Here, the prescient clarity of former U.S. Secretary of State and National Security Advisor Henry Kissinger intrudes with unsettling precision. It may be dangerous to be America’s enemy, he observed, but to be America’s friend is fatal. The Gulf rulers are now confronting the second half of that aphorism, not as theory, but as lived reality.

For decades, they mistook access to America for influence, proximity for protection and alignment for autonomy. Yet, in moments of crisis, the asymmetry becomes unmistakable. Decisions and priorities are defined elsewhere, with risks borne locally. The imperial center acts; the periphery absorbs.

The absence of respect renders this arrangement even more corrosive. The Gulf was placed on the front line of American strategy and treated as disposable. When U.S. officials implied that the costs of conflict would fall upon these states, the message was unmistakable: This is not a partnership of equals but a hierarchy of convenience. In this formulation, the Gulf is not rendered as a sovereign actor with agency, but as a reservoir of capital, perceived less as a partner than a bag of money to be drawn upon with ease. 

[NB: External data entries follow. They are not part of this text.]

-- ===== src/Lib.antt =====
-- Verification of the core of the SRHC observability tooling: the media-quality analyser for
-- Vocera badges, the workflow around capture sessions on a wireless LAN controller (WLC), the
-- ingest of its captures and the verdict on them, the policy on multicast groups, and the
-- correlation of badge events with the points of a radio survey. Paths are from the repository's
-- root.
--
-- Parts and files
--
-- * Rtp (tools/vocera_media_qoe/vocera_media_qoe.py). Rtp/Sequence has extend_rtp_sequence and
--   rtp_sequence_stats: SequenceState holds the local variables of the loop, sequence_step is one
--   round, and on_first, on_forward, on_misorder and on_restart are its branches. Rtp/Keys has the
--   two Python sets of (segment, number) pairs, as lists without repetition. Rtp/Frame has the
--   headers over bytes: parse_ipv4_udp_packet, parse_ethernet_udp_frame, parse_radiotap_udp_frame
--   and parse_rtp_header; Rtp/Timestamp has rtp_timestamp_delta. Rtp/Capture has what the two file
--   formats share, Rtp/Pcapng the sections, interfaces and packets of pcapng files, and Rtp/Pcap
--   the classic format and iter_pcap_udp_packets, which chooses between them. A time is kept as
--   the numbers of the division that the code does in floating point.
-- * Media (the same file). Media/Config has AnalyzerConfig and Media/Config/Direction the names of
--   devices and directions; Media/Timing has percentile, the jitter and the other figures of a
--   stream's clock, Media/Plausibility has rtp_plausibility_check, Media/Streams has
--   analyze_rtp_stream and analyze_non_rtp_stream, Media/Flows has the grouping of the packets,
--   analyze_udp_packets and analyze_pcap after the file is read, which calls iter_pcap_udp_packets
--   of Rtp, and Media/Metrics the lines of the Prometheus output.
-- * Multicast (tools/vocera_media_qoe/vocera_multicast.py). Multicast/Vlan has
--   enforce_vlan_selection and reject_session_level_resolution; an exception is a constructor.
--   Multicast/Mac has normalize_mac, ipv4_multicast_to_mac, _mac_int and the tests on the pool, for
--   addresses that are numbers.
-- * Evidence (tools/vocera_media_qoe/vocera_wlc_evidence.py). Evidence/Verdict has compute_verdict
--   and _best_snapshot.
-- * TimeAlignment (tools/study_web/time_alignment.py): overlap_window, and TimeAlignment/Sweep with
--   normalize_windows and summarize_tolerance_sweep.
-- * Session (tools/vocera_media_qoe/vocera_wlc_session.py). Session/Package has the files of a
--   session package as a record, Session/Attempts the commands start-attempt, outcome and mark, and
--   its module Resolve the command resolve-group, as functions from the package to the exit code
--   and the package that is left, and Session/Summary the search for a row in a pasted group
--   summary. resolve-group calls enforce_vlan_selection of Multicast.
-- * Ingest (tools/vocera_media_qoe/vocera_wlc_session_ingest.py and tools/study_web/main.py).
--   Ingest/Stability has plan_ingest_decision with the observations that its caller keeps,
--   Ingest/Container the magic numbers, Ingest/Finalize the function finalize_upload_to_pcaps: the
--   record Calls of Ingest/Finalize/Types is what the system calls return, so any other process may
--   act between them, also what the destination holds after the rename, and the hash is a parameter. Ingest/Artifact has the row of an upload and
--   media_wlc_upsert_artifact, and its modules Process, Retry and Scan have
--   media_wlc_process_incoming, media_wlc_retry_one and the part of media_wlc_ingest_scan that is
--   about one artifact. A run is the list of its writes; an interrupted run is a prefix of it.
-- * RfValidation (tools/vocera_rf_validation/models.py, correlate.py and run_executor.py). RfValidation/Models has
--   the records, RfValidation/Window the local dates and the nearest event, RfValidation/Template
--   has build_manual_entry_template, RfValidation/Correlate the correlation with the manual
--   observations, and RfValidation/Alignment the vendor offsets and summarize_match_alignment.
--   RfValidation/Executor has the selected files of a run, its checks and its configuration, and its
--   modules Sources, Pipeline and Run have execute_selected_run: the record System is what is asked
--   of the file system and of the commands, whose exit codes may depend on all commands before.
--
-- Prelude has the names and helpers that the modules share; Prelude/Select and Prelude/Sort have
-- min with a key, filtering and sorted, Prelude/Ratio the fractions. Numbers of Python are native
-- natural numbers, and integers where a value can be negative. A float is an exact fraction, so
-- that rounding is left out. Texts that the code walks are lists of code points, other texts are
-- strings.
--
-- What is read from outside (the clock, $USER, uuid) is an argument, the record Ambient of
-- Session/Package. The local date of an instant (the zone database of the system) is the argument
-- local_date of RfValidation, and the capital letters of a text are the argument upper. JSON keys
-- that are null and keys that are missing are both none. A file that cannot be written raises in
-- the code and is not modelled.
--
-- Fuel. The loops over the records of a pcap file, over the blocks of a pcapng file and over the
-- options of a block have fuel, one more than the number of bytes, of which each round takes at
-- least 16, 12 and 4. The other loops recur on the list of bytes, packets, attempts, commands,
-- polls, scans, points or events.
--
-- Not modelled: the HTTP service and its other SQL (tools/study_web/main.py), the readers of
-- configuration files, JSON and CSV, command-line parsing, regular expressions over the output of
-- controllers, generated SQL, the shell, PowerShell and TypeScript code, dashboards and rules, and
-- the Python parts that PROJECT.json lists as not_modelled.
mod Prelude
pub mod Media
pub mod RfValidation
pub mod Rtp
pub mod Multicast
pub mod Session
pub mod Ingest
pub mod Evidence
pub mod TimeAlignment
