-- ===== src/Evidence.antt =====
-- The verdict on a broadcast attempt: tools/vocera_media_qoe/vocera_wlc_evidence.py.
pub mod Verdict
mod Tests
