-- ===== src/Evidence/Verdict.antt =====
-- `_best_snapshot` and `compute_verdict`. Of a snapshot, its phase, its group, the membership of the
-- receiver and the number of its filled fields are kept; of an artifact, whether it exists and its
-- container is valid. Texts that only explain are left out.
pub mod Failure
use mathlib.Core.Path.{sym, ap, subst}
use srhc_observability_claud.Prelude.{
  ◌∙◌, sym, ap, ℕ, ◌≤◌, ◌≡◌, ◌⊎◌, inl, inr, refl, Bool, true, false, not, ◌&&◌, ◌||◌, ltb, Option,
  none, some, List, [], ◌∷◌, ◌++◌, if◌then◌else◌, arith, Bool-cases,
}

pub record Snapshot : Type 0 where
  pub is_during : Bool
  pub has_group : Bool
  pub member : Option Bool
  pub filled : ℕ

pub record CaptureArtifact : Type 0 where
  pub exists : Bool
  pub valid_container : Bool

pub data AudioResult : Type 0 where
  heard missed partial choppy unknown : AudioResult

pub data VerdictKind : Type 0 where
  inconclusive baseline_success membership_failure media_degraded : VerdictKind

pub data Level : Type 0 where
  low medium high : Level

pub data Finding : Type 0 where
  membership_missing membership_present capture_container_valid : Finding

pub record Verdict : Type 0 where
  pub verdict : VerdictKind
  pub verdict_confidence : Level
  pub findings : List Finding

unfoldable pub during : List Snapshot → List Snapshot
during [] = []
during (s ∷ rest) = let found = during rest in if s.is_during then s ∷ found else found

-- `max(candidates, key=…)`: the first of the greatest.
unfoldable pub richest : Snapshot → List Snapshot → Snapshot
richest best [] = best
richest best (s ∷ rest) = richest (if ltb best.filled s.filled then s else best) rest

abbrev pub richest_of : List Snapshot → Option Snapshot
richest_of [] = none
richest_of (s ∷ rest) = some (richest s rest)

-- `during or snapshots`
abbrev pub or_else : List Snapshot → List Snapshot → List Snapshot
or_else [] snapshots = snapshots
or_else (s ∷ rest) snapshots = s ∷ rest

unfoldable pub best_snapshot : List Snapshot → Option Snapshot
unfolding during richest
best_snapshot snapshots = richest_of (or_else (during snapshots) snapshots)

abbrev pub group_of : Option Snapshot → Bool
group_of none = false
group_of (some s) = s.has_group

abbrev pub member_of : Option Snapshot → Option Bool
member_of none = none
member_of (some s) = s.member

unfoldable pub any_valid : List CaptureArtifact → Bool
any_valid [] = false
any_valid (a ∷ rest) = a.exists && a.valid_container || any_valid rest

unfoldable pub membership_findings : Option Bool → List Finding
membership_findings none = []
membership_findings (some false) = membership_missing ∷ []
membership_findings (some true) = membership_present ∷ []

-- The chain of conditions: the verdict and its confidence.
unfoldable pub decide : AudioResult → Bool → Option Bool → Bool → VerdictKind × Level
decide heard group member pcap_valid = (baseline_success, medium)
decide missed true (some false) pcap_valid = (membership_failure, high)
decide missed false member pcap_valid = (inconclusive, low)
decide missed true (some true) true = (inconclusive, medium)
decide missed true (some true) false = (inconclusive, low)
decide missed true none pcap_valid = (inconclusive, low)
decide partial group member true = (media_degraded, low)
decide partial group member false = (inconclusive, low)
decide choppy group member true = (media_degraded, low)
decide choppy group member false = (inconclusive, low)
decide unknown group member pcap_valid = (inconclusive, low)

unfoldable pub compute_verdict : AudioResult → List Snapshot → List CaptureArtifact → Verdict
unfolding best_snapshot any_valid membership_findings decide
compute_verdict audio_result snapshots artifacts =
    let snapshot = best_snapshot snapshots in
    let pcap_valid = any_valid artifacts in
    let result = decide audio_result (group_of snapshot) (member_of snapshot) pcap_valid in
    record {
      verdict = result.0;
      verdict_confidence = result.1;
      findings =
          membership_findings (member_of snapshot)
          ++ (if pcap_valid then capture_container_valid ∷ [] else []);
    }
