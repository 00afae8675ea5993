-- ===== src/Evidence/Verdict/Failure.antt =====
-- The snapshot that `_best_snapshot` selects, and the verdict membership_failure.
use mathlib.Core.Path.{sym, ap, subst}
use srhc_observability_claud.Prelude.{
  ◌∙◌, sym, ap, ◌≤◌, ◌≡◌, ◌⊎◌, inl, inr, refl, Bool, true, false, ltb, Option, none, some, List, [],
  ◌∷◌, if◌then◌else◌, arith,
}
use srhc_observability_claud.Evidence.Verdict.{
  Snapshot, CaptureArtifact, AudioResult, missed, membership_failure, high, during, richest,
  richest_of, or_else, best_snapshot, group_of, member_of, any_valid, decide, compute_verdict,
}

abbrev pub IsIn : Snapshot → List Snapshot → Type 0
IsIn s [] = ⊥
IsIn s (x ∷ rest) = (s ≡ x) ⊎ IsIn s rest

IsIn-picked :
    (b : Bool) (best s r : Snapshot) (rest : List Snapshot)
    → IsIn r ((if b then s else best) ∷ rest)
    → IsIn r (best ∷ s ∷ rest)
IsIn-picked true best s r rest (inl e) = inr (inl e)
IsIn-picked true best s r rest (inr e) = inr (inr e)
IsIn-picked false best s r rest (inl e) = inl e
IsIn-picked false best s r rest (inr e) = inr (inr e)

richest-IsIn : (best : Snapshot) (rest : List Snapshot) → IsIn (richest best rest) (best ∷ rest)
unfolding richest
richest-IsIn best [] = inl refl
richest-IsIn best (s ∷ rest) =
    IsIn-picked (ltb best.filled s.filled) best s _ rest
      (richest-IsIn (if ltb best.filled s.filled then s else best) rest)

-- No snapshot of the list has more filled fields.
abbrev pub Richest : Snapshot → List Snapshot → Type 0
Richest s [] = Unit {0}
Richest s (x ∷ rest) = (x.filled ≤ s.filled) × Richest s rest

richest-filled : (best : Snapshot) (rest : List Snapshot) → best.filled ≤ (richest best rest).filled
unfolding richest
richest-filled best [] = ground arith
richest-filled best (s ∷ rest) =
    ground (arith, richest-filled (if ltb best.filled s.filled then s else best) rest)

richest-Richest : (best : Snapshot) (rest : List Snapshot) → Richest (richest best rest) rest
unfolding richest
richest-Richest best [] = tt
richest-Richest best (s ∷ rest) =
    let next = if ltb best.filled s.filled then s else best in
    (ground (arith, richest-filled next rest), richest-Richest next rest)

IsIn-kept :
    (b : Bool) (x s : Snapshot) (found : List Snapshot)
    → IsIn s (if b then x ∷ found else found)
    → ((s ≡ x) × (b ≡ true)) ⊎ IsIn s found
IsIn-kept true x s found (inl e) = inl (e, refl)
IsIn-kept true x s found (inr k) = inr k
IsIn-kept false x s found k = inr k

during-IsIn :
    (s : Snapshot) (snapshots : List Snapshot)
    → IsIn s (during snapshots)
    → IsIn s snapshots × (s.is_during ≡ true)
unfolding during
during-IsIn s [] h = absurd h
during-IsIn s (x ∷ rest) h = elim (IsIn-kept x.is_during x s (during rest) h) [
  | inl (e, d) ↦ (inl e, ap (λ y. y.is_during) e ∙ d)
  | inr k ↦ let (i, d) = during-IsIn s rest k in (inr i, d)
]

decide_failure :
    (audio : AudioResult) (group : Bool) (member : Option Bool) (pcap : Bool)
    → (decide audio group member pcap).0 ≡ membership_failure
    → (audio ≡ missed)
      × (group ≡ true)
      × (member ≡ some false)
      × ((decide audio group member pcap).1 ≡ high)
unfolding decide
decide_failure audio group member pcap h = ground arith

-- A best snapshot: one of the snapshots, of the phase during if there is any of that phase, and
-- among these none has more filled fields.
abbrev pub IsBest : Snapshot → List Snapshot → Type 0
IsBest s snapshots =
    IsIn s snapshots
    × ((s.is_during ≡ true) ⊎ (during snapshots ≡ []))
    × Richest s (or_else (during snapshots) snapshots)

some_snapshot : (r s : Snapshot) → some r ≡ some s → r ≡ s
some_snapshot r s h = cc

richest_all : (x : Snapshot) (rest : List Snapshot) → Richest (richest x rest) (x ∷ rest)
richest_all x rest = (richest-filled x rest, richest-Richest x rest)

best_from :
    (d snapshots : List Snapshot) (s : Snapshot)
    → (IsIn s d → IsIn s snapshots × (s.is_during ≡ true))
    → richest_of (or_else d snapshots) ≡ some s
    → IsIn s snapshots × ((s.is_during ≡ true) ⊎ (d ≡ [])) × Richest s (or_else d snapshots)
best_from [] [] s f h = cc
best_from [] (x ∷ rest) s f h =
    let e = some_snapshot (richest x rest) s h in
    (
      subst (λ r. IsIn r (x ∷ rest)) e (richest-IsIn x rest),
      inr refl,
      subst (λ r. Richest r (x ∷ rest)) e (richest_all x rest),
    )
best_from (x ∷ rest) snapshots s f h =
    let e = some_snapshot (richest x rest) s h in
    let (i, d) = f (subst (λ r. IsIn r (x ∷ rest)) e (richest-IsIn x rest)) in
    (i, inl d, subst (λ r. Richest r (x ∷ rest)) e (richest_all x rest))

best_snapshot-IsBest :
    (snapshots : List Snapshot) (s : Snapshot)
    → best_snapshot snapshots ≡ some s
    → IsBest s snapshots
unfolding best_snapshot
best_snapshot-IsBest snapshots s h =
    best_from (during snapshots) snapshots s (during-IsIn s snapshots) h

grouped : (o : Option Snapshot) → group_of o ≡ true → (s : Snapshot) × (o ≡ some s)
grouped none h = cc
grouped (some s) h = (s, refl)

-- If compute_verdict says membership_failure, then the audio was missed, the confidence is high,
-- and a best snapshot has a group and says that the receiver is not a member: one of the given
-- snapshots, of the phase during if there is any such, and of these one with the most filled
-- fields.
pub membership_failure_has_evidence :
    (audio : AudioResult) (snapshots : List Snapshot) (artifacts : List CaptureArtifact)
    → (compute_verdict audio snapshots artifacts).verdict ≡ membership_failure
    → (audio ≡ missed)
      × ((compute_verdict audio snapshots artifacts).verdict_confidence ≡ high)
      × ((s : Snapshot) × IsBest s snapshots × (s.has_group ≡ true) × (s.member ≡ some false))
unfolding compute_verdict
membership_failure_has_evidence audio snapshots artifacts h =
    let best = best_snapshot snapshots in
    let (a, g, m, c) =
      decide_failure audio (group_of best) (member_of best) (any_valid artifacts) h in
    let (s, e) = grouped best g in
    (
      a,
      c,
      (s, best_snapshot-IsBest snapshots s e, sym (ap group_of e) ∙ g, sym (ap member_of e) ∙ m),
    )
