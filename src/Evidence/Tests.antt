-- ===== src/Evidence/Tests.antt =====
-- The verdict at a concrete attempt.
use srhc_observability_claud.Prelude.{◌≡◌, refl, true, false, some, List, [], ◌∷◌}
use srhc_observability_claud.Evidence.Verdict.{
  Snapshot, missed, high, membership_failure, compute_verdict, best_snapshot, during, richest,
  decide,
}
use srhc_observability_claud.Evidence.Verdict.Failure.{IsBest, membership_failure_has_evidence}

-- A snapshot before the broadcast with more fields, and one during it without the receiver.
abbrev taken : List Snapshot
taken =
    record { is_during = false; has_group = true; member = some true; filled = 9 }
    ∷ record { is_during = true; has_group = true; member = some false; filled = 5 }
    ∷ []

is_failure : (compute_verdict missed taken []).verdict ≡ membership_failure
unfolding compute_verdict best_snapshot during richest decide
is_failure = refl

membership_failure_has_evidence_example :
    (missed ≡ missed)
    × ((compute_verdict missed taken []).verdict_confidence ≡ high)
    × ((s : Snapshot) × IsBest s taken × (s.has_group ≡ true) × (s.member ≡ some false))
membership_failure_has_evidence_example = membership_failure_has_evidence missed taken [] is_failure
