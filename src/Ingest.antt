-- ===== src/Ingest.antt =====
-- Ingest of WLC capture uploads: the primitives of
-- tools/vocera_media_qoe/vocera_wlc_session_ingest.py and the artifact states that
-- tools/study_web/main.py drives with them.
pub mod Stability
pub mod Container
pub mod Finalize
pub mod Artifact
mod Tests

The Gulf rulers now stand at an inflection point. They can persist in the fiction that proximity to American power guarantees security or confront the harder truth that sovereignty cannot be leased, nor legitimacy sustained, without principle. The former path offers temporary reassurance and permanent vulnerability. The latter demands recalibration, independence and, above all, a willingness to align policy with values and human decency. In both instances, the Gulf monarchies have repeatedly proven to be extensions of old colonial projects that keep their people down. The Iran war is a clear message to the Arab despots. I is time for them to decolonize. Little suggests that this will change.

Empires, by their nature, do not prioritize the dignity of those who orbit them. They prioritize their own endurance. The lesson, written plainly across history and now reiterated in the present, is that reliance on imperial power is not a shield. It is a condition.

Conditions, unlike illusions, eventually come due.